Only the lines from the opening of the material through the one containing "fill_payload id bytes" should be reproduced, each exactly as it stands.

*** Block opens ***

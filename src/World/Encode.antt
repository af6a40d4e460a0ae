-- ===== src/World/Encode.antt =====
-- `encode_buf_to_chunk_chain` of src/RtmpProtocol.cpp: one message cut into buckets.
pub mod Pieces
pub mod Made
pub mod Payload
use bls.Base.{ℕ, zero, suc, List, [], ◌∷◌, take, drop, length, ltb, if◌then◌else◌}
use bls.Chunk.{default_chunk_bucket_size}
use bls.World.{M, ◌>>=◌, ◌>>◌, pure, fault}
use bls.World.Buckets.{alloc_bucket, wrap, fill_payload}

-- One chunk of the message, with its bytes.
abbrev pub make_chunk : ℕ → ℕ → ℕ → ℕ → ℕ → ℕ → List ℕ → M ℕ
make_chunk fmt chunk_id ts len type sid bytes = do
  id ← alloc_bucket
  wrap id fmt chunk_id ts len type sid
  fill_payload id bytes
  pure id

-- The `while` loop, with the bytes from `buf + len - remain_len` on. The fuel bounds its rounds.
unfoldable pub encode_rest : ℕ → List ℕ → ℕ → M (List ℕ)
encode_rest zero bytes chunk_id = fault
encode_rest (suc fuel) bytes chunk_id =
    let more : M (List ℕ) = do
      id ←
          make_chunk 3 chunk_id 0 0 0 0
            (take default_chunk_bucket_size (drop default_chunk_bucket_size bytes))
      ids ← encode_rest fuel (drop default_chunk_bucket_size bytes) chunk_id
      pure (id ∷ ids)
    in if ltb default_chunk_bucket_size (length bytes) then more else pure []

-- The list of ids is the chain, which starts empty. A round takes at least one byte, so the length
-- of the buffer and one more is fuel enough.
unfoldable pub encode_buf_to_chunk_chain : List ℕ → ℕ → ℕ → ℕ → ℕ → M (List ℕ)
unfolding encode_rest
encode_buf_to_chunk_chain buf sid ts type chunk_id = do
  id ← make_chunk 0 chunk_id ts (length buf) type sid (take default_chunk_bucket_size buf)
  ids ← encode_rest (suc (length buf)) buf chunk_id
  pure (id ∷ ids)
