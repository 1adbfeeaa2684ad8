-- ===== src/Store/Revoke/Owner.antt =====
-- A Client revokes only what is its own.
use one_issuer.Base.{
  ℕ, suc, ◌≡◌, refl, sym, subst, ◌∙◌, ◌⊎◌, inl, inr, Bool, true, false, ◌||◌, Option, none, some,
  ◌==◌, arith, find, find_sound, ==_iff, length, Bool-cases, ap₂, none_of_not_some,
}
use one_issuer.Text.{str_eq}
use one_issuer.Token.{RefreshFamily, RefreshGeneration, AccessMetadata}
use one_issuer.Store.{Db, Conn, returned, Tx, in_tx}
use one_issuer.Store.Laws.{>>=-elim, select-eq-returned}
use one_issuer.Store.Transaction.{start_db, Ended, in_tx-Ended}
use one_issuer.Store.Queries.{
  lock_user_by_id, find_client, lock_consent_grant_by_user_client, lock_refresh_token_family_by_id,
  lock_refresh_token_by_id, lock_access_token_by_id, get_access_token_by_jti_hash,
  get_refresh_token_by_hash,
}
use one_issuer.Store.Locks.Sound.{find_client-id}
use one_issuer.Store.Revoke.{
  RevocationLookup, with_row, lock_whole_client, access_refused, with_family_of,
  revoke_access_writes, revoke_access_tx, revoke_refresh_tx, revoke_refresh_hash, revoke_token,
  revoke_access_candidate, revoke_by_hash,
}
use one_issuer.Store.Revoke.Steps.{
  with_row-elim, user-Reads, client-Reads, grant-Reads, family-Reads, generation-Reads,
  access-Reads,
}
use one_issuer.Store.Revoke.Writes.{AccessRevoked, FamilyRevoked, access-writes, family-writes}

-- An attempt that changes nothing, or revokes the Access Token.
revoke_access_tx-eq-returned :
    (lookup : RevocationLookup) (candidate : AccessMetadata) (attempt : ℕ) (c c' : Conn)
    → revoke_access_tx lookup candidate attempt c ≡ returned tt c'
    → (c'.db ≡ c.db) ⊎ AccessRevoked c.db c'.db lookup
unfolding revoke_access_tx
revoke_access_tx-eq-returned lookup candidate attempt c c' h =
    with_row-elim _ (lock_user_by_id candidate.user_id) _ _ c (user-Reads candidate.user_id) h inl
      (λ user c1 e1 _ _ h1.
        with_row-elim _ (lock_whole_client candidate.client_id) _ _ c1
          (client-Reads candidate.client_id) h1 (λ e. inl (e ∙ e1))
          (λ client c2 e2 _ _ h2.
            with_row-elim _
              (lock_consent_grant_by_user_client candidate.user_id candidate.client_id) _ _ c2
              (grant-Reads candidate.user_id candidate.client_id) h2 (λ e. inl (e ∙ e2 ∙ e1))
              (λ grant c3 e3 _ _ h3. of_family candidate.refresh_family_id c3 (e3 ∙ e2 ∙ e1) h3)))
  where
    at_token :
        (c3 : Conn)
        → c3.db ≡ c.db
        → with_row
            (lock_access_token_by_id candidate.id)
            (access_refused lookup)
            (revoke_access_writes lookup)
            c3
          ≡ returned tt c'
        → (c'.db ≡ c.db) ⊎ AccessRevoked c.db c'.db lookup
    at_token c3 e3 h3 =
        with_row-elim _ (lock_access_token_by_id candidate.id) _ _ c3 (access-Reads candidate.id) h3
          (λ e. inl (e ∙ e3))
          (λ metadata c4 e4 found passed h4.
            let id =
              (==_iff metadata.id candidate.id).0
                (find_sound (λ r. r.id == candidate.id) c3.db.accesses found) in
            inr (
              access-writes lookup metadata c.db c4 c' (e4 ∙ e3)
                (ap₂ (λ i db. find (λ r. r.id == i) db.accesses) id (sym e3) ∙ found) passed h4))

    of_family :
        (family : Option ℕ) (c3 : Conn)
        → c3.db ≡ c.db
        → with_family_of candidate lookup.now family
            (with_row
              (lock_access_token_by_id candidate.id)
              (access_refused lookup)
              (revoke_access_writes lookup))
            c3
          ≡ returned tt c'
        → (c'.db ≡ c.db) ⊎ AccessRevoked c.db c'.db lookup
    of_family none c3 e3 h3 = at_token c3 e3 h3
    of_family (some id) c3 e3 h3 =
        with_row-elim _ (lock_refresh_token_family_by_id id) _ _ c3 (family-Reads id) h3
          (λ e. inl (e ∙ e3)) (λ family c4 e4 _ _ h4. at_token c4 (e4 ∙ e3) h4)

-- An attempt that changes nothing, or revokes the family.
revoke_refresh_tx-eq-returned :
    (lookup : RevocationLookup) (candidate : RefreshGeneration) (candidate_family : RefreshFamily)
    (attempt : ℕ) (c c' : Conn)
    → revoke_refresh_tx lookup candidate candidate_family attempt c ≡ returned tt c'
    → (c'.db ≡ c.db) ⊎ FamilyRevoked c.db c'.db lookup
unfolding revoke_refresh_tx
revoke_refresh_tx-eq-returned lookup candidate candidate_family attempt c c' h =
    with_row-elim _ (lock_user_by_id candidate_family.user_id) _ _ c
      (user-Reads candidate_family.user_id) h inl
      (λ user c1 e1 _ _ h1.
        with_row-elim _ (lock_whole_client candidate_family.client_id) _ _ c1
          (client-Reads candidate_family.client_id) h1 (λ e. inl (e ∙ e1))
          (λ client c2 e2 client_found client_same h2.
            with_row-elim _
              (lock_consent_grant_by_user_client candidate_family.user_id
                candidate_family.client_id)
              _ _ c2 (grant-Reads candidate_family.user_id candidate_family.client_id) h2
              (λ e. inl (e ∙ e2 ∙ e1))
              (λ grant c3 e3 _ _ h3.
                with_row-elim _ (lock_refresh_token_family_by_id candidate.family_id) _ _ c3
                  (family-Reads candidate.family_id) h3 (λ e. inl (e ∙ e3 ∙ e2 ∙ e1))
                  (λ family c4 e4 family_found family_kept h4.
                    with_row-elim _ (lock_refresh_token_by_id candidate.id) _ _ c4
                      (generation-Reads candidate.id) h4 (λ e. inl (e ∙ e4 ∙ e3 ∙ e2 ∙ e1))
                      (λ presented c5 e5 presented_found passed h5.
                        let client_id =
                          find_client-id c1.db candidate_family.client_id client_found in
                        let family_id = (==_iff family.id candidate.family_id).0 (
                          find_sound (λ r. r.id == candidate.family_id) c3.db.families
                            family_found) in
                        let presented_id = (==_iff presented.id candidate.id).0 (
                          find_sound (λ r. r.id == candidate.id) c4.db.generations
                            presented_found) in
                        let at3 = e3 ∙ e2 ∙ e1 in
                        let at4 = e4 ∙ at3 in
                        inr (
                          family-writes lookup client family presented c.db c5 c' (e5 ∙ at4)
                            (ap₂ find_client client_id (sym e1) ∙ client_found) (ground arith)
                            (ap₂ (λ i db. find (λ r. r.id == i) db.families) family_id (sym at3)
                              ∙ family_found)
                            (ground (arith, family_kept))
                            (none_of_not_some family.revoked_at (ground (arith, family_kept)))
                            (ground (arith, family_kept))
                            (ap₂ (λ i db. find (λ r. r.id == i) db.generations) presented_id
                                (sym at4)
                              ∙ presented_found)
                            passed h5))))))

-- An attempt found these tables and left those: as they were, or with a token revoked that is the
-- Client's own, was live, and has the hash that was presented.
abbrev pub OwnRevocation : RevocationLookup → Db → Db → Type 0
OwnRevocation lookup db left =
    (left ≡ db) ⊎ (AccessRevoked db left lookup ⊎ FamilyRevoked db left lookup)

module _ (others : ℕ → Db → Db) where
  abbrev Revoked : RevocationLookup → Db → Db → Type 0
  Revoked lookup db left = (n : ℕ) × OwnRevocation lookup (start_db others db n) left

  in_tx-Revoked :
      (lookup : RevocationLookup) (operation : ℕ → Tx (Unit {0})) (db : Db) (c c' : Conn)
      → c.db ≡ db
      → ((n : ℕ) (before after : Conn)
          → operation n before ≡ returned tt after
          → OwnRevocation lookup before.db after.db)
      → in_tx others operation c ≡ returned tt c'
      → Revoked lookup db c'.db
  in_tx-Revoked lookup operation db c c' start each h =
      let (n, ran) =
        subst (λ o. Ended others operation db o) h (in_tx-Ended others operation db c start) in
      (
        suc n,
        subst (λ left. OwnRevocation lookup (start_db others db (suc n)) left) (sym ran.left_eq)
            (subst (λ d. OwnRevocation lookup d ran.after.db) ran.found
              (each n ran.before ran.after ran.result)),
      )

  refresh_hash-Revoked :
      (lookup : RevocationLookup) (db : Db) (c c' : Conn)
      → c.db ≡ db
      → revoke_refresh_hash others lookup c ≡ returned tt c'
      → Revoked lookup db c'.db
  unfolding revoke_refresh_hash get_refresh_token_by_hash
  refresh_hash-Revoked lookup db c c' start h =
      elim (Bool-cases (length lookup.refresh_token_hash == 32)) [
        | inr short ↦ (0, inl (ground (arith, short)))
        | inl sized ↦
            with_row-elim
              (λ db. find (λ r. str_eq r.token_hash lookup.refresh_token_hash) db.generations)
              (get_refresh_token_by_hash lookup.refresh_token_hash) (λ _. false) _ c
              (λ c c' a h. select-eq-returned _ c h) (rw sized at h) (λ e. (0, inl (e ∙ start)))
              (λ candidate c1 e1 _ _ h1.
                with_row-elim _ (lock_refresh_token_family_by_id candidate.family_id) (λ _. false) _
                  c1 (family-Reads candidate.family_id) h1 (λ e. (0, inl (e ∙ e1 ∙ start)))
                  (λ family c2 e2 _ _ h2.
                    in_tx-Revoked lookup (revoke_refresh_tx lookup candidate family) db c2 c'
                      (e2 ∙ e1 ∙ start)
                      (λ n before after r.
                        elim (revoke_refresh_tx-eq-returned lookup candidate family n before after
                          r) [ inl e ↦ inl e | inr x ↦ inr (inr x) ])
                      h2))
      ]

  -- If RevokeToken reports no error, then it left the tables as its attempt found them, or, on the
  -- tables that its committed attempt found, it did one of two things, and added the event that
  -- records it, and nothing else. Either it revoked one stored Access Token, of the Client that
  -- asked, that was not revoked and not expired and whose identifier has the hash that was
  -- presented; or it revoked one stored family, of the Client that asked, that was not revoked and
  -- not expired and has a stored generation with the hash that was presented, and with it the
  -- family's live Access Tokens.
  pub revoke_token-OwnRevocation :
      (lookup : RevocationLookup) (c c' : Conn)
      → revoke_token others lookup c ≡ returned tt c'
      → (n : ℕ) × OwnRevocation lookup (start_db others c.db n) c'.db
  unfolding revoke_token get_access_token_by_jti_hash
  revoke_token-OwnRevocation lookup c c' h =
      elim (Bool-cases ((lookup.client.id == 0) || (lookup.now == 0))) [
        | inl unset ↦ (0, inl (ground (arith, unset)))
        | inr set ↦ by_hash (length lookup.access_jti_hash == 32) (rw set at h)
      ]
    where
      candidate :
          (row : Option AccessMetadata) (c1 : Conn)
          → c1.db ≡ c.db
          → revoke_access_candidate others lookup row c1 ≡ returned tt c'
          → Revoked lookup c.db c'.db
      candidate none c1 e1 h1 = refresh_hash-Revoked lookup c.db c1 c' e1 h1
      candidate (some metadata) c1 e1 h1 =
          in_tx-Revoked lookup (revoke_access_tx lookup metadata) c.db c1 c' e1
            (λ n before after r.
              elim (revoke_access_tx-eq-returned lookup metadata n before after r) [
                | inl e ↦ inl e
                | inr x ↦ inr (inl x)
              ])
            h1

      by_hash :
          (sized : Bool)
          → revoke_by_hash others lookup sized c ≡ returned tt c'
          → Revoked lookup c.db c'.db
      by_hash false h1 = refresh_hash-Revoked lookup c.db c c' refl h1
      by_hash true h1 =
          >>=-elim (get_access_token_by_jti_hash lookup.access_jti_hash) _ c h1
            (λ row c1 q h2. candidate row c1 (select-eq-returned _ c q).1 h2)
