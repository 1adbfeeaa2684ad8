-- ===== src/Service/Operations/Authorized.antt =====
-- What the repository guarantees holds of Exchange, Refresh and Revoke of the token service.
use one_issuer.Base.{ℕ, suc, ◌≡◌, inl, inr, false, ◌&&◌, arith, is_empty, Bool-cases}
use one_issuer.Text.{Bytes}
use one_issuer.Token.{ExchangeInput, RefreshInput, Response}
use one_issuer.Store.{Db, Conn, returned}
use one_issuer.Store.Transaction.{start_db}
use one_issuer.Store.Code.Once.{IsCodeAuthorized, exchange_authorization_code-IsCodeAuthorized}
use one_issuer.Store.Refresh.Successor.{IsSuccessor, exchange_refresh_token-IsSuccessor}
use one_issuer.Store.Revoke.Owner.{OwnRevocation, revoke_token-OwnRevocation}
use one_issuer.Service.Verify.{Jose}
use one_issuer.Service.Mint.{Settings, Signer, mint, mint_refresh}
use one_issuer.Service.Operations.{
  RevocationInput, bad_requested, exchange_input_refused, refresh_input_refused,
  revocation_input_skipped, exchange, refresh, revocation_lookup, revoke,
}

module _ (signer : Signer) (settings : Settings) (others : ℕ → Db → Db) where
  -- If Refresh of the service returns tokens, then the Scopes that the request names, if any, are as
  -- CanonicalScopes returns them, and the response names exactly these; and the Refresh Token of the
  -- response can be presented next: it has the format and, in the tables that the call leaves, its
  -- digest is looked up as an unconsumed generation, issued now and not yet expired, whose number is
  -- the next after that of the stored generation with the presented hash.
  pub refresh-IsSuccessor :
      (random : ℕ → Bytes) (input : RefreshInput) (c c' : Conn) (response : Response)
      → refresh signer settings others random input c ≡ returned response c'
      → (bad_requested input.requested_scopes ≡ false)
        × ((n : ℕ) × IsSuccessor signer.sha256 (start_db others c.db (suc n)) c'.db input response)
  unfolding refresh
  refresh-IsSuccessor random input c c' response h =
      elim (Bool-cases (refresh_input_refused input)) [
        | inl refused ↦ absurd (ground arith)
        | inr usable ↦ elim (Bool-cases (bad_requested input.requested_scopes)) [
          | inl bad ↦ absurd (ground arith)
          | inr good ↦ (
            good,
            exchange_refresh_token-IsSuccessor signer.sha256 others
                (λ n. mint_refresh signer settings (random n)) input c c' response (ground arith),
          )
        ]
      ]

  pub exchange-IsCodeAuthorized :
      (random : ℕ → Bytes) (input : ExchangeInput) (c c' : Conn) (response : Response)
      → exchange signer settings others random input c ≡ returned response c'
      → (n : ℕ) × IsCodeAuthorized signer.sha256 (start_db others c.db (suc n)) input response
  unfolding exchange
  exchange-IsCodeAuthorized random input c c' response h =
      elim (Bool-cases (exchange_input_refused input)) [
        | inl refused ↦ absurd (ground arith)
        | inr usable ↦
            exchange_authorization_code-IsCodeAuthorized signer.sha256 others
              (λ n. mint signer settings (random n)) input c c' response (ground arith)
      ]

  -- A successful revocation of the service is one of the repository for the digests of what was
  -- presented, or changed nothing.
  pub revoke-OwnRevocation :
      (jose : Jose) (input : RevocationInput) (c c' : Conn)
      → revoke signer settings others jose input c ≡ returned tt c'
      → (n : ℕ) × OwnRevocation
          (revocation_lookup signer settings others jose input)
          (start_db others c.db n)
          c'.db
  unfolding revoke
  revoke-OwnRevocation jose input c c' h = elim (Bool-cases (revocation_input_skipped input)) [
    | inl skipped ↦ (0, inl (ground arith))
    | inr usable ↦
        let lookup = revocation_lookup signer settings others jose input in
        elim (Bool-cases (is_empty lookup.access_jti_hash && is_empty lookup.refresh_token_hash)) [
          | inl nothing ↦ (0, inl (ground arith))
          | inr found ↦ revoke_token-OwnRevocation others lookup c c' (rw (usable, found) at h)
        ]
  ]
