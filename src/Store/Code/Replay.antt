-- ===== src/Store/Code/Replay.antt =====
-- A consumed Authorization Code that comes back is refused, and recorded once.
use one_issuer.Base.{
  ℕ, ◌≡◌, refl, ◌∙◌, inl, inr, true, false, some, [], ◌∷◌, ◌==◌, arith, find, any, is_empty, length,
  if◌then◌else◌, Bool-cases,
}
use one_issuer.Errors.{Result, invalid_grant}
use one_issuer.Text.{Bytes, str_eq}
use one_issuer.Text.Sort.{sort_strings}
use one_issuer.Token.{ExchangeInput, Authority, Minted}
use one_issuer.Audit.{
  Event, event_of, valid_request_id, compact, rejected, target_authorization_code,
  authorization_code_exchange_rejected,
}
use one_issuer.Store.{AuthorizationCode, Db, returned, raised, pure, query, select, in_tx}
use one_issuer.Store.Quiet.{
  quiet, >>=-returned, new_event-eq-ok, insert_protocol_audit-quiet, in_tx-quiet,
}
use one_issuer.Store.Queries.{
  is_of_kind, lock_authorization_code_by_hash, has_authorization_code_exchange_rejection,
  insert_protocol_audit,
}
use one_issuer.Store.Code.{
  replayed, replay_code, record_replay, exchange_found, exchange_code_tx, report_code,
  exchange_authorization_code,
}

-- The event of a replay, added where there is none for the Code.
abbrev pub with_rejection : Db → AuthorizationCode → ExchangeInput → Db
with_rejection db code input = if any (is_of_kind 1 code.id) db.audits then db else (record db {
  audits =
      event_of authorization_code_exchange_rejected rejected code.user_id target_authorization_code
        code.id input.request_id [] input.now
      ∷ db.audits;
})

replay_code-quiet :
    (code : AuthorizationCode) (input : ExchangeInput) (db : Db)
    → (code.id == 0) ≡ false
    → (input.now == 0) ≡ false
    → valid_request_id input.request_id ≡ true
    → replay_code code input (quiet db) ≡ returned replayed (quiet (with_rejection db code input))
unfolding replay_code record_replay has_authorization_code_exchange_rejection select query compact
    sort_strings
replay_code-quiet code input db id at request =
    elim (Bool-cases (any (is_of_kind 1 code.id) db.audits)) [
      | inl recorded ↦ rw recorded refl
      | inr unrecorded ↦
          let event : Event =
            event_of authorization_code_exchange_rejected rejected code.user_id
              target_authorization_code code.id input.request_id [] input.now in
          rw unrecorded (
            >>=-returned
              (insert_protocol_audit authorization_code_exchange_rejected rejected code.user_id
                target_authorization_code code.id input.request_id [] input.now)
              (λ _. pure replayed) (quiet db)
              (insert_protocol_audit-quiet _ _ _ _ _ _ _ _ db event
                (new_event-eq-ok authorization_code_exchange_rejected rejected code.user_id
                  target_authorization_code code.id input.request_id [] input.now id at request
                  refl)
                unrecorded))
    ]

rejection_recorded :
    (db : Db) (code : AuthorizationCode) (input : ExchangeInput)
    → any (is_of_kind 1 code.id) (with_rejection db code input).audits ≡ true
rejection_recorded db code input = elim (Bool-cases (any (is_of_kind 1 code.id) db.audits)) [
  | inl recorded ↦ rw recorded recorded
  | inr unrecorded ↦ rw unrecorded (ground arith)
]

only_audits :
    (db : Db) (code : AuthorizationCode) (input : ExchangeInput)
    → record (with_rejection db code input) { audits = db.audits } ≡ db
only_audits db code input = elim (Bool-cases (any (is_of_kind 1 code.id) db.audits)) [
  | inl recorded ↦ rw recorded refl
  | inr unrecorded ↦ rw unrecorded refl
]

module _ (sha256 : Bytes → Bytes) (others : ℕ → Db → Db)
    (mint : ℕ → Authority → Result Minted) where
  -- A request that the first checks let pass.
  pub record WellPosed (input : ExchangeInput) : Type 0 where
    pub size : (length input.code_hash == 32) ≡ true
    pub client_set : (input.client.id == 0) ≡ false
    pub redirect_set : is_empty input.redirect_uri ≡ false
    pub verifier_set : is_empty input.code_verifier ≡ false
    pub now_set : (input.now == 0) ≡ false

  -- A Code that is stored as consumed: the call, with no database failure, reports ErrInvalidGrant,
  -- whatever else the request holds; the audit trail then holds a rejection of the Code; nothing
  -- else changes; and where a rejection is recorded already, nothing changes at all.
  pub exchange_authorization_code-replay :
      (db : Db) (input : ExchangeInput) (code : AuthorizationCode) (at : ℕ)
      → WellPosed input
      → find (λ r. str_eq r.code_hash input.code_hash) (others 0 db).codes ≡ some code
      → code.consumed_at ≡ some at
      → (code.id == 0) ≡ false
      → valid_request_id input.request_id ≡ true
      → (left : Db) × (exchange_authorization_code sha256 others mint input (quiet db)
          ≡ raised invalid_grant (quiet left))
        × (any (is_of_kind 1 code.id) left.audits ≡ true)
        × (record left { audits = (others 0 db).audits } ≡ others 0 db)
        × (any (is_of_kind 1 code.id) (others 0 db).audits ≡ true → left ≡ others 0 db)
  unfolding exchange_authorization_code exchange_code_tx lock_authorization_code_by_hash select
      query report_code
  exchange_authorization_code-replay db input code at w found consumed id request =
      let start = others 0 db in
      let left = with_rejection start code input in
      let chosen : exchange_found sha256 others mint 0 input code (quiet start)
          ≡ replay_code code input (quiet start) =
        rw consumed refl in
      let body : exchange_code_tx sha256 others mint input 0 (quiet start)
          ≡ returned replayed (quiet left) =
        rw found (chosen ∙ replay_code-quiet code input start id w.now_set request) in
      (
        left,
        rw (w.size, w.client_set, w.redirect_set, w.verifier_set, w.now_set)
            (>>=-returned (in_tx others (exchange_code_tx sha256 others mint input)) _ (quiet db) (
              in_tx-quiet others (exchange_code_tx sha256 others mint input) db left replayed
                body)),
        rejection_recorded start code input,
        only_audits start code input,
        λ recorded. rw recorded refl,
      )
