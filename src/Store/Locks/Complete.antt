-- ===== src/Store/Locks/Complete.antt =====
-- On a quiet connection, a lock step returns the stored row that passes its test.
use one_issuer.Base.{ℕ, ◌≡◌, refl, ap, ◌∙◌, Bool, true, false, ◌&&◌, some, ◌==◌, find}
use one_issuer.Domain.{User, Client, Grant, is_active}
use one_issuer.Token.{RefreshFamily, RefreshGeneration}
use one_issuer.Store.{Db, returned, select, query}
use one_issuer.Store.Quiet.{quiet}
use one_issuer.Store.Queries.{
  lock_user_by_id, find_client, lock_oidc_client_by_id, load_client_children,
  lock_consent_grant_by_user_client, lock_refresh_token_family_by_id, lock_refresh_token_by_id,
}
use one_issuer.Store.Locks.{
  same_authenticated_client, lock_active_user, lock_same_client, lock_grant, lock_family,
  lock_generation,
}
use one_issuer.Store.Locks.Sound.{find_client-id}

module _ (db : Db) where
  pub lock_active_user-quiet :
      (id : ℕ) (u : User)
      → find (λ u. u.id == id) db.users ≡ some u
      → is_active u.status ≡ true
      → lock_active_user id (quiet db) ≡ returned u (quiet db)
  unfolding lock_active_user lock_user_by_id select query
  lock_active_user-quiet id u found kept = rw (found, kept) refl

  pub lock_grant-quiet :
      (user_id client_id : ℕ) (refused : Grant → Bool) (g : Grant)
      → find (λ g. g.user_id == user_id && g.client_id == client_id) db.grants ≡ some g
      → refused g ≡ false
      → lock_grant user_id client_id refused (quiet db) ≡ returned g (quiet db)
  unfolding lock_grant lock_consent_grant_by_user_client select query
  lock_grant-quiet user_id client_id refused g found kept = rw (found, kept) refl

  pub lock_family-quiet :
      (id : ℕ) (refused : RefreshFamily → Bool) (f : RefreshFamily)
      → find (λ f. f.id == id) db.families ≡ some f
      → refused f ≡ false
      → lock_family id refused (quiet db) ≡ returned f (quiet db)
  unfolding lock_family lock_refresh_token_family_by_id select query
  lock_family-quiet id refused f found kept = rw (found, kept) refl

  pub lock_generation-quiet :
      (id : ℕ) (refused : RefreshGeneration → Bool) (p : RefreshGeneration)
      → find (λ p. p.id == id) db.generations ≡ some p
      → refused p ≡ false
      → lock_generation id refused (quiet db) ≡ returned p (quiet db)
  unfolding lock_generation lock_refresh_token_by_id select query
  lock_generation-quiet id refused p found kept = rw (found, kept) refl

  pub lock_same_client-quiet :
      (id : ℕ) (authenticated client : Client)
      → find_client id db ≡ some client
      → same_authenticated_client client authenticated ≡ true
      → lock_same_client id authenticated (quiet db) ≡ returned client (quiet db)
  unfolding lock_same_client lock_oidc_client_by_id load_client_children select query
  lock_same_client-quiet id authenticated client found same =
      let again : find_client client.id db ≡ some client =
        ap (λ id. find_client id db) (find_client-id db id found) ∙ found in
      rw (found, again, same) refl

*** Block closes ***

Completed exercise =>
filename src/World/Encode.antt
repository af6a40d4e460a0ae
-- ===== src/World/Encode.antt =====
-- `encode_buf_to_chunk_chain` of src/RtmpProtocol.cpp: one message cut into buckets.
pub mod Pieces
pub mod Made
pub mod Payload
use bls.Base.{ℕ, zero, suc, List, [], ◌∷◌, take, drop, length, ltb, if◌then◌else◌}
use bls.Chunk.{default_chunk_bucket_size}
use bls.World.{M, ◌>>=◌, ◌>>◌, pure, fault}
use bls.World.Buckets.{alloc_bucket, wrap, fill_payload}

-- One chunk of the message, with its bytes.
abbrev pub make_chunk : ℕ → ℕ → ℕ → ℕ → ℕ → ℕ → List ℕ → M ℕ
make_chunk fmt chunk_id ts len type sid bytes = do
  id ← alloc_bucket
  wrap id fmt chunk_id ts len type sid
  fill_payload id bytes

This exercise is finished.